The community of bacteria and other organisms that lives in our intestinal tract -- known as the gut microbiome -- has co-evolved with us and can be considered a symbiotic partner helping us perform everyday functions, such as eating our lunch. In fact, we wouldn't be able to properly digest some of the foods we eat without the assistance of these bacteria. The microbiome also plays a role in our body's immune system and can be manipulated to help fight off infection. For example, we've been able to harness these bacteria for the treatment of C. difficile using a treatment called fecal microbiota transplant (which I wrote about in detail here).
Even though greater access to mass DNA sequencing technology and the emergence of bioinformatics has given us the ability to study the four pounds of microorganisms that make up the microbiome in greater detail, there's still much more that we can learn about the body's "unsung organ."
This week at Digestive Disease Week (DDW), the world's largest gathering of physicians and researchers in the fields of gastroenterology, hepatology, endoscopy and gastrointestinal surgery, my colleagues and I came together to share new research about the microbiome that can potentially give patients with digestive diseases hope for new treatments.
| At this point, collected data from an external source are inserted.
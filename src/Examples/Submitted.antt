-- ===== src/Examples/Submitted.antt =====
-- A submitted result of three goals to one.
use arena_core.Prelude.{◌≡◌, refl, codes, text_eq, sort_by}
use arena_core.Prelude.Int.{pos}
use arena_core.Prelude.Outcome.{ok}
use arena_core.Finance.Requirement.{
  Json, json_null, json_number, json_string, json_array, json_object, no_member, member, no_item,
  item, property,
}
use arena_core.Matches.Outcomes.{canonical}
use arena_core.Matches.Results.{
  only_keys, parse_score, parse_scores, count_items, sorted_scores, payload_of_scores, draw_allowed,
  validate_and_canonicalize_result,
}
use arena_core.Matches.Accepted.{IsAccepted, validate-IsAccepted}

abbrev three_to_one : Json
three_to_one = json_object (
    member (codes "schemaVersion") (json_number (pos 1)) (
      member (codes "type") (json_string (codes "SCORE")) (
        member (codes "scores")
          (json_array (
            item
              (json_object (
                member (codes "side") (json_string (codes "SIDE_B"))
                  (member (codes "score") (json_number (pos 1)) no_member)))
              (item
                (json_object (
                  member (codes "side") (json_string (codes "SIDE_A"))
                    (member (codes "score") (json_number (pos 3)) no_member)))
                no_item)))
          no_member)))

three_to_one_accepted : validate_and_canonicalize_result three_to_one json_null ≡ ok (canonical 3 1)
unfolding validate_and_canonicalize_result only_keys parse_score parse_scores count_items
    sorted_scores payload_of_scores property text_eq draw_allowed sort_by
three_to_one_accepted = refl

-- `Matches.Accepted.validate-IsAccepted` for three goals to one.
validate-IsAccepted_example : IsAccepted three_to_one json_null (canonical 3 1)
validate-IsAccepted_example = validate-IsAccepted three_to_one json_null three_to_one_accepted
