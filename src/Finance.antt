-- ===== src/Finance.antt =====
-- packages/match-finance: the data, the ledger adapters, and the policies on settlements and entries.
pub mod Types
pub mod Adapter
pub mod Eligibility
pub mod Evaluation
pub mod Requirement
pub mod Reservations
pub mod Store
pub mod Repository
pub mod Writes
pub mod Entries
pub mod Refunds
pub mod Contexts
pub mod Closing
pub mod Settlements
Dirk Gevers, Ph.D., of the Broad Institute of MIT and Harvard, and his team compared the microbiome of early-onset Crohn's patients, who were treatment naïve, with patients who do not have inflammatory conditions. They found in a forthcoming study that the microbiome of these Crohn's patients had an increased abundance in certain bacteria and a decreased abundance in other bacteria. Interestingly, they also found that antibiotic use actually amplifies these bacterial changes, introducing even great imbalance.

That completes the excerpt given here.